I sospetti della destra carpigiana
I consiglieri Annalisa Arletti e Enrico Fieni di Fratelli d'Italia hanno puntato i riflettori su un affidamento da 73.200 euro che il Comune di Carpi ha assegnato all'agenzia modenese Ciao Comunicazione per la rendicontazione sociale e di sostenibilità dal 2025 al 2029. Un incarico quinquennale che vale circa 18.300 euro all'anno, ma che ha scatenato le polemiche dell'opposizione. La determina, firmata dall'1 aprile scorso dal dirigente Stefano Tripi, ha assegnato il lavoro senza bando pubblico, utilizzando la procedura di affidamento diretto prevista per importi inferiori ai 140mila euro. Una scelta legittima, ma che non ha convinto i due esponenti del partito della Giorgia Meloni.
L'interrogazione che scuote il Palazzo
Nella loro interrogazione, Arletti e Fieni non si limitano a chiedere spiegazioni tecniche. Vogliono sapere se la spesa fosse già prevista nel bilancio 2026-2028, se l'importo sia congruo rispetto agli standard di mercato e, soprattutto, quali siano le competenze specifiche che hanno portato a scegliere proprio Ciao Comunicazione. Ma è nel comunicato che accompagna l'interrogazione che emerge la vera preoccupazione politica: "un possibile sistema di affidamenti ricorrenti sempre verso i medesimi soggetti" e il "rischio di alimentare un intreccio poco limpido tra livelli istituzionali".

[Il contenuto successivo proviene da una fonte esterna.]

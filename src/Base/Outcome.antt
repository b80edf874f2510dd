-- ===== src/Base/Outcome.antt =====
-- The result of code that may raise: a value or an exception. `do` blocks read `◌>>=◌` and `◌>>◌`.
use mathlib.Core.Path.{◌≡◌, refl}
use mathlib.Core.Bool.{Bool, true, false}

pub data Result {ℓ κ} (E : Type ℓ) (A : Type κ) : Type (ℓ ⊔ κ) where
  ok : A → Result E A
  err : E → Result E A

infixl 5 ◌>>=◌ ◌>>◌
abbrev pub ◌>>=◌ {ℓ κ μ} :
    {E : Type ℓ} {A : Type κ} {B : Type μ} → Result E A → (A → Result E B) → Result E B
ok a >>= f = f a
err e >>= f = err e

abbrev pub ◌>>◌ {ℓ κ} : {E : Type ℓ} {B : Type κ} → Result E (Unit {0}) → Result E B → Result E B
m >> k = m >>= λ _. k

abbrev pub is_ok {ℓ κ} : {E : Type ℓ} {A : Type κ} → Result E A → Bool
is_ok (ok a) = true
is_ok (err e) = false

-- A chain that returns has passed a value on from its first step.
pub ok-chain {ℓ κ μ} :
    {E : Type ℓ} {A : Type κ} {B : Type μ} {last : B} (first : Result E A) (second : A → Result E B)
    → first >>= second ≡ ok last
    → (v : A) × (first ≡ ok v) × (second v ≡ ok last)
ok-chain (err x) second returned = absurd (cc returned)
ok-chain (ok v) second returned = (v, refl, returned)

-- `if not condition: raise error`
abbrev pub require {ℓ} : {E : Type ℓ} → Bool → E → Result E (Unit {0})
require true e = ok tt
require false e = err e

-- A step on a state that may raise; the state outlives the exception.
abbrev pub and_then {ℓ κ μ ν} :
    {S : Type ℓ} {E : Type κ} {A : Type μ} {B : Type ν}
    → S × Result E A
    → (A → S → S × Result E B)
    → S × Result E B
and_then (s, ok a) f = f a s
and_then (s, err e) f = (s, err e)

pub and_then_ind {ℓ κ μ ν ξ} :
    {S : Type ℓ} {E : Type κ} {A : Type μ} {B : Type ν} (P : S × Result E B → Type ξ)
    (t : S × Result E A) {f : A → S → S × Result E B}
    → ((s : S) (a : A) → t ≡ (s, ok a) → P (f a s))
    → ((s : S) (e : E) → t ≡ (s, err e) → P (s, err e))
    → P (and_then t f)
and_then_ind P (s, ok a) done failed = done s a refl
and_then_ind P (s, err e) done failed = failed s e refl

-- Where a chain returns, its first step returned, and the chain is its second step from there.
pub and_then-eq-ok {ℓ κ μ ν} :
    {S : Type ℓ} {E : Type κ} {A : Type μ} {B : Type ν} (t : S × Result E A)
    (f : A → S → S × Result E B) {b : B}
    → (and_then t f).1 ≡ ok b
    → (a : A) × (t.1 ≡ ok a) × (and_then t f ≡ f a t.0)
and_then-eq-ok (s, ok a) f h = (a, refl, refl)
and_then-eq-ok (s, err e) f h = cc

pub ok-injective {ℓ κ} :
    {E : Type ℓ} {A : Type κ} {a b : A} → ◌≡◌ {A = Result E A} (ok a) (ok b) → a ≡ b
ok-injective h = cc

-- `try`: what is done with the exception, and with the value.
abbrev pub attempt {ℓ κ μ} :
    {E : Type ℓ} {A : Type κ} {B : Type μ} → Result E A → (E → B) → (A → B) → B
attempt (ok a) f g = g a
attempt (err e) f g = f e

pub attempt_ind {ℓ κ μ ν} :
    {E : Type ℓ} {A : Type κ} {B : Type μ} (P : B → Type ν) (t : Result E A) {f : E → B} {g : A → B}
    → ((e : E) → t ≡ err e → P (f e))
    → ((a : A) → t ≡ ok a → P (g a))
    → P (attempt t f g)
attempt_ind P (ok a) failing done = done a refl
attempt_ind P (err e) failing done = failing e refl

Le connessioni che fanno discutere
I sospetti di Fratelli d'Italia non nascono dal nulla. Una rapida ricerca rivela che Ciao Comunicazione ha lavorato per il Comune di Modena nelle attività natalizie del 2025, collabora con la Regione Emilia-Romagna e figura tra i fornitori dell'europarlamentare del Pd Stefano Bonaccini. Proprio a Bonaccini, secondo quanto emerso dalla ricerca, la stessa agenzia aveva ottenuto un affidamento diretto da 158.600 euro per il rendiconto di mandato 2020-2024. Una cifra ben superiore a quella di Carpi, che alimenta i dubbi sulla trasparenza degli affidamenti.
La difesa dell'amministrazione
L'amministrazione comunale si difende con i numeri: nonostante potesse procedere con affidamento diretto, sono stati richiesti preventivi a cinque agenzie diverse. La scelta è poi ricaduta su Ciao Comunicazione perché ritenuta "più conveniente sotto il profilo economico e più allineata con i requisiti richiesti". Il lavoro commissionato non è di poco conto: comprende ideazione grafica, realizzazione di documenti, creazione di infografiche, contenuti per social media e un volume riepilogativo di fine mandato. Tutte attività che, secondo il Gabinetto del Sindaco, richiedevano competenze specifiche.
Il pragmatismo dei numeri
Dal punto di vista strettamente tecnico, l'operazione appare in regola. L'affidamento diretto per importi sotto i 140mila euro è previsto dalla normativa, purché il fornitore abbia i requisiti di competenza ed economicità. E i cinque preventivi richiesti dimostrano una parvenza di trasparenza nella scelta. Tuttavia, le coincidenze politiche sono innegabili: la stessa agenzia che lavora per Bonaccini e la Regione ottiene incarichi anche a Carpi. In un panorama dove la comunicazione pubblica vale milioni di euro, queste connessioni sollevano legittimi interrogativi sulla varietà dei fornitori e sulla rotazione degli affidamenti. La verità, come spesso accade, sta probabilmente nel mezzo: formalmente tutto regolare, politicamente un po' troppo comodo. I cittadini di Carpi, dal canto loro, aspettano di vedere se quei 73mila euro produrranno una rendicontazione davvero trasparente e utile alla comunità.